Es probable que con la retirada de Nash (la oficial, porque la real se produjo en el momento que fichó por los Lakers) no sólo se pierda un extraordinario talento sino el propio concepto de la posición de base tal y como se ha venido entendiendo desde hace mucho tiempo. Nash fue el último exponente del base director que dio paso al base-ejecutor, por el camino tenemos varios jugadores que ejercen la transición entre ambos conceptos (como Chris Paul por ejemplo) y los últimos coletazos de jugadores de menor dimensión que Nash pero herederos de su estilo como Prigioni.  Parece claro que hay que acostumbrarse a mirar a los bases de otra manera. La principal diferencia entre ambas ideas radica en qué prioridad tiene la anotación para estos jugadores. Nash tenía capacidad para anotar pero en su mentalidad entraban otras alternativas. Su manera de interpretar el juego “dos contra dos” fue fantástica y favoreció que muchos equipos incluyeran este concepto como base principal de su ideario ofensivo. La diferencia principal entre Nash y los bases de ahora es que el jugador canadiense podría ser decisivo en un encuentro sin la necesidad de destacar en la anotación. Nash anotaba después de buscar asistir, Westbrook, por ejemplo, asiste después de buscar anotar.

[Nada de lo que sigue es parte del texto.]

-- ===== src/Bmp/Race/Alone.antt =====
-- A goroutine of a BMP connection that nothing interrupts does what `peer_state` does.
use for_visibility.Prelude.{
  ◌≡◌, sym, ap, ◌∙◌, subst, Bool, some, List, [], ◌∷◌, ◌++◌, append-nil, Option-cases, inl, inr,
  Bool-cases,
}
use for_visibility.Prelude.Assoc.{lookup}
use for_visibility.Text.{Bytes, text, bytes_eq}
use for_visibility.Text.Address.{is_unspecified}
use for_visibility.Gnmi.{Effect, cache_update}
use for_visibility.Vrf.{Kernel, non_default_names}
use for_visibility.Bmp.Peer.{
  Bmp, PeerHeader, is_empty, sole, learn, learn_new, rd_instance, peer_instance, peer_known,
  peer_state, per_peer, peer_updates,
}
use for_visibility.Bmp.Race.{
  away, Board, look_up, named_or_rd, choose_name, told_name, Act, skip_short, skip_unspecified,
  look, choose, store, file, Acts, done, acts,
}

-- the board after one message, as the sequential `b'` and `effects` have it
abbrev pub after_message : Board → Bmp × List Effect → List (Bytes × Bytes) → Board
after_message s (b, effects) filed = record {
  bmp = b;
  calls = s.calls ++ effects;
  filed = s.filed ++ filed;
}

-- what is left to do once the instance is known
abbrev pub filed_as : Board → Bmp × Bytes → PeerHeader → Bool → Board
filed_as s (b, vrf) h up =
    after_message s (b, cache_update (text "openconfig") (peer_updates vrf h up) [] ∷ [])
      ((h.rd, vrf) ∷ [])

learn-Acts :
    (s : Board) (h : PeerHeader) (up : Bool) (name : Bytes)
    → Acts s (named_or_rd h up name) (filed_as s (learn s.bmp h.rd name) h up) away
unfolding learn named_or_rd
learn-Acts s h up [] = acts (file h up h.rd) done
learn-Acts s h up (c ∷ name) = acts (store h up (c ∷ name)) (acts (file h up (c ∷ name)) done)

learn_new-Acts :
    (s : Board) (kernel : Kernel) (h : PeerHeader) (up : Bool) (told : Bytes)
    → Acts
        (record s { bmp = (choose_name kernel s.bmp h up told).0 })
        (choose_name kernel s.bmp h up told).1
        (filed_as s (learn_new kernel s.bmp h.rd told) h up)
        away
unfolding learn_new choose_name
learn_new-Acts s kernel h up [] =
    learn-Acts (record s { bmp = record s.bmp { vrf = (non_default_names kernel s.bmp.vrf).1 } }) h
      up (sole (non_default_names kernel s.bmp.vrf).0)
learn_new-Acts s kernel h up (c ∷ told) = learn-Acts s h up (c ∷ told)

instance-Acts :
    (s : Board) (kernel : Kernel) (h : PeerHeader) (body : Bytes) (up : Bool)
    → Acts s
        (look_up s.bmp body up h)
        (filed_as s (peer_instance kernel s.bmp h.rd body up) h up)
        away
unfolding look_up peer_instance text peer_updates rd_instance learn_new
instance-Acts s kernel h body up = elim (Bool-cases (is_empty h.rd)) [
  | inl e ↦ rw (look_up, peer_instance, e) (acts (file h up (text "default")) done)
  | inr e ↦
      rw (look_up, peer_instance, e)
        (elim (Option-cases (lookup h.rd s.bmp.rd_vrf)) [
          | inl unknown ↦
              rw (rd_instance, unknown)
                (acts (choose kernel h body up) (learn_new-Acts s kernel h up (told_name body up)))
          | inr (name, known) ↦ rw (rd_instance, known) (acts (file h up name) done)
        ])
]

skipped : (s : Board) → after_message s (s.bmp, []) [] ≡ s
skipped s =
    ap (λ calls. record s { calls = calls; filed = s.filed ++ [] }) (append-nil s.calls)
    ∙ ap (λ filed. record s { filed = filed }) (append-nil s.filed)

abbrev pub HasActs : Board → Bmp × List Effect → Type 0
HasActs s r = (filed : List (Bytes × Bytes)) × Acts s away (after_message s r filed) away

skip-HasActs : (s : Board) → Act s away s away → HasActs s (s.bmp, [])
skip-HasActs s skip = ([], subst (λ t. Acts s away t away) (sym (skipped s)) (acts skip done))

known-HasActs :
    (s : Board) (kernel : Kernel) (body : Bytes) (up : Bool) (h : PeerHeader)
    → per_peer body ≡ some h
    → HasActs s (peer_known kernel s.bmp body up h)
known-HasActs s kernel body up h e =
    unfold peer_known in
    elim (Bool-cases (is_unspecified h.peer)) [
      | inl bare ↦ rw (bare) (skip-HasActs s (skip_unspecified body h e bare))
      | inr real ↦ rw (real) (
        (h.rd, (peer_instance kernel s.bmp h.rd body up).1) ∷ [],
        acts (look body up h e real) (instance-Acts s kernel h body up),
      )
    ]

-- Steps of one goroutine in a row, from before the message to behind it, have the cache updates and
-- the state of the sequential function.
pub Acts-peer_state :
    (s : Board) (kernel : Kernel) (body : Bytes) (up : Bool)
    → HasActs s (peer_state kernel s.bmp body up)
unfolding peer_state
Acts-peer_state s kernel body up = elim (Option-cases (per_peer body)) [
  | inl e ↦ rw (peer_state, e) (skip-HasActs s (skip_short body e))
  | inr (h, e) ↦ rw (peer_state, e) (known-HasActs s kernel body up h e)
]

Hace mucho tiempo que abandoné el modelo “Nash” como vara de medir el rendimiento de los bases. Da igual como entrenador que como espectador, es un error intentar encajar aspectos en determinados jugadores que van en contra de su naturaleza. Y sí, yo era de aquellos que pensaba que no dice cosas buenas que un base sea de manera recurrente el máximo anotador de su equipo, como también pensaba que siempre los bases deben ser los jugadores exteriores con mejor porcentaje de tiro. Seguro que algo queda de aquello, pero conviene abandonar esa rigidez que impide pensar que un equipo puede funcionar bien sin un verdadero “director” en la posición de base, más que nada porque directores-directores hay más bien poquitos. Al final, el rendimiento lo marcará la toma de decisiones y cómo se adapta a jugar un equipo con un jugador que requiera tener mucho tiempo el balón en las manos.

Pienso mientras escribo estas líneas en un ejemplo cercano que tenemos en la Liga Endesa. Hablo del mejoradísimo Laboral Kutxa de Ibón Navarro. Su pareja de “bases” está formada por Mike James y Darius Adams, ninguno de ellos puede ser catalogado como un gran director de juego y su toma de decisiones es más que cuestionable, diría incluso que representan el límite de Baskonia respecto a la línea que separa un buen equipo de un gran equipo. Uno que tiene cierta simpatía por el club vitoriano reconoce que se ha puesto bastante nervioso con ellos en pista en la resolución de algunos partidos. Dicho esto, ambos jugadores tienen su parte importante de responsabilidad en la mejora de su equipo porque han encontrado un entrenador que no intenta convertirles en un tipo de base que nunca serán sino en ofrecerles los medios para que puedan alcanzar su máximo nivel personal.

La grandeza de lo que ha representado Steve Nash es que a todos los entrenadores les hubiera encantado tanto tener un jugador como él que muchos de ellos no han sabido manejar otro tipo de jugador presos de esa nostalgia.